Steve McQueen: You cannot demonize him because he is one of us. Therefore, you see through his actions that he is trying to be a decent human being, but sometimes it is bloody hard. We are not computers; we are actually human beings. If we were computers we would not be interesting to make films about. The fact that we are humans and not particularly perfect makes it interesting. We don’t really communicate with each other. We just make noise. The truth is barely spoken about. We just get through the day. It’s difficult to be a human being. We know these characters. We all know a Sissy; a person who wants your love. And of course we all know the kind of character like Brandon. We might actually all be him. It’s not a million miles away. So there is a familiarity. You don’t have to be a sex addict to understand Brandon. I think you sympathize with him. Being a sex addict now is like having HIV in the early 80s; people go underground and do not talk about it. I think that’s outrageous. It is a situation where people should be able to keep their heads above water and have a conversation about it without being shamed. That was one of the reasons I made the movie.
MF: It doesn’t exclude us as the players in the film or the audience. The audience has to really participate in order to provoke a response properly. The audience can fill it in way better than we can explain it.
Steve, you recently mentioned that it’s important to “keep cinema alive.” Shame ranks with Last Tango in Paris, Bad Timing, Carnal Knowledge and others as a serious adult movie, an anomaly today. What do you think about the movie landscape?
SM: With the Internet and pornography only two clicks away, thinking about cinema and the movies you mention, some from the early 70s, we have moved on in the world. What place does cinema have right now? What I mean is that cinema has space now where it can be a much more adventurous place to talk about narrative because with television, a ten-part series can be very elaborate. Cinema can actually have a space to be cinema, which is a way to communicate something very direct to the audience. It can be a necessity. You only have an hour and a half or an hour and forty minutes to say what you want to say. It’s like a 7.5 inch single in the old days. You put it on and it’s got to rock. It’s got to do something.
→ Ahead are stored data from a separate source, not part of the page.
-- ===== src/SenderAuth/Address.antt =====
-- `domainOf` of internal/senderauth/senderauth.go, which internal/spam/rules.go has once more.
use elec_postal.Base.{Option, none, some, [], ◌≡◌, refl}
use elec_postal.Text.{Text, codes, trim_space, trim_suffix, cut_last, to_lower}

abbrev after_angle : Text → Option (Text × Text) → Text
after_angle addr none = addr
after_angle addr (some (before, after)) = after

abbrev domain_part : Option (Text × Text) → Text
domain_part none = []
domain_part (some (local, domain)) = to_lower (trim_space domain)

unfoldable pub domain_of : Text → Text
unfolding cut_last trim_space trim_suffix to_lower
domain_of addr =
    let trimmed = trim_space addr in
    let bare = trim_suffix b'>' (after_angle trimmed (cut_last b'<' trimmed)) in
    domain_part (cut_last b'@' bare)

domain_of_test : domain_of (codes " Ann <Ann@Example.COM> ") ≡ codes "example.com"
unfolding domain_of
domain_of_test = refl
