-- ===== src/SenderAuth/Cache.antt =====
-- `lookupTXT` of internal/senderauth/senderauth.go: the bounded FIFO cache of TXT answers. The lock
-- is given up while the resolver is asked, so the two halves that hold it, `cached` and `remember`,
-- are separate operations, between which other threads run.
pub mod Tracking
pub mod History
use elec_postal.Base.{
  ℕ, ◌+◌, Option, none, some, List, [], ◌∷◌, ◌++◌, length, ltb, leb, if◌then◌else◌,
}
use elec_postal.Text.{Text, text_eq, member}
use elec_postal.SenderAuth.State.{Answer, records, not_found, failed}

-- Times and durations are in seconds.
abbrev pub txt_ttl : ℕ
txt_ttl = 300

abbrev pub txt_negative_ttl : ℕ
txt_negative_ttl = 60

abbrev pub cache_max : ℕ
cache_max = 1024

-- `values` and `err` are the answer.
pub record Entry : Type 0 where
  pub answer : Answer
  pub expires : ℕ

-- The map is an association list in which a new key comes last.
pub record Cache : Type 0 where
  pub entries : List (Text × Entry)
  pub order : List Text

abbrev pub empty : Cache
empty = record { entries = []; order = [] }

abbrev pub keys : List (Text × Entry) → List Text
keys [] = []
keys ((k, e) ∷ l) = k ∷ keys l

pub lookup : Text → List (Text × Entry) → Option Entry
lookup name [] = none
lookup name ((k, e) ∷ l) = if text_eq k name then some e else lookup name l

pub put : Text → Entry → List (Text × Entry) → List (Text × Entry)
put name entry [] = (name, entry) ∷ []
put name entry ((k, e) ∷ l) = if text_eq k name then (k, entry) ∷ l else (k, e) ∷ put name entry l

pub delete : Text → List (Text × Entry) → List (Text × Entry)
delete name [] = []
delete name ((k, e) ∷ l) =
    let rest = delete name l in if text_eq k name then rest else (k, e) ∷ rest

-- The first half: an entry that is there and has not expired.
abbrev fresh : ℕ → Option Entry → Option Answer
fresh now none = none
fresh now (some e) = if ltb now e.expires then some e.answer else none

unfoldable pub cached : ℕ → Text → Cache → Option Answer
unfolding lookup
cached now name c = fresh now (lookup name c.entries)

-- how long an answer is kept; a transient error is not
unfoldable pub ttl : Answer → Option ℕ
ttl (records rs) = some txt_ttl
ttl not_found = some txt_negative_ttl
ttl failed = none

-- `none` is the panic of `v.cacheOrder[0]` on an empty slice
evict_oldest : List Text → Cache → Option Cache
unfolding delete
evict_oldest [] c = none
evict_oldest (oldest ∷ rest) c = some (record { entries = delete oldest c.entries; order = rest })

make_room : Cache → Option Cache
unfolding evict_oldest
make_room c = if leb cache_max (length c.entries) then evict_oldest c.order c else some c

abbrev appended : Text → Option Cache → Option Cache
appended name none = none
appended name (some c) = some (record c { order = c.order ++ name ∷ [] })

abbrev with_entry : Text → Entry → Option Cache → Option Cache
with_entry name entry none = none
with_entry name entry (some c) = some (record c { entries = put name entry c.entries })

-- The second half, for an answer that is kept.
pub store : Text → Entry → Cache → Option Cache
unfolding make_room put
store name entry c =
    with_entry name entry
      (if member name (keys c.entries) then some c else appended name (make_room c))

abbrev remember_for : ℕ → Text → Answer → Cache → Option ℕ → Option Cache
remember_for now name answer c none = some c
remember_for now name answer c (some t) =
    store name (record { answer = answer; expires = now + t }) c

-- What `lookupTXT` does to the cache once the resolver has answered; `now` was read before.
unfoldable pub remember : ℕ → Text → Answer → Cache → Option Cache
unfolding ttl store
remember now name answer c = remember_for now name answer c (ttl answer)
Michael, you really go to rock bottom as an actor here. Where do you dig to find the kind of darkness here?
MF: I don’t really know. I think more than drawing from something, I needed to facilitate. When I go home, I say that it is not really supposed to be therapeutic for me because then it becomes self-indulgent. I tried not to distance Brandon from me so I could invest in him, in the right way, rather than take from him. Does that make sense? Where is he at this point in time? What am I trying to reveal to the audience? What are we trying to show? It’s more about that. You have to be awake and focused every day, and provocative about stimulating those around you, and serve the story. It’s that simple.
SM: The physicality and focus he brings to the part is really about representing us outside of movie reality, in a real reality. I think people can see themselves in that.
The last shot is highly provocative and poses quite a question.
MF: It’s a beginning for me. There is hope. Whether or not he stays on the train or gets off with her. The train keeps going. Life keeps going. Everything cannot be nicely wrapped up. It is a day-to-day think that he is dealing with and that scene shows that struggle.
Like the neuroses of the characters, the title is something that is under the radar screen for both.
SM: It came from talking to a lot of people who have this and discussed these long, interactive sexual journeys they used to have. When they come out, there is a sense of self-loathing, embarrassment and shame. That kept coming up in circles.
MF: They would repeat. And then it doubles.
SM: Yes, they would come up for air and then go back under again. They just wanted to get lost. Shame was this acknowledgement of what they were doing.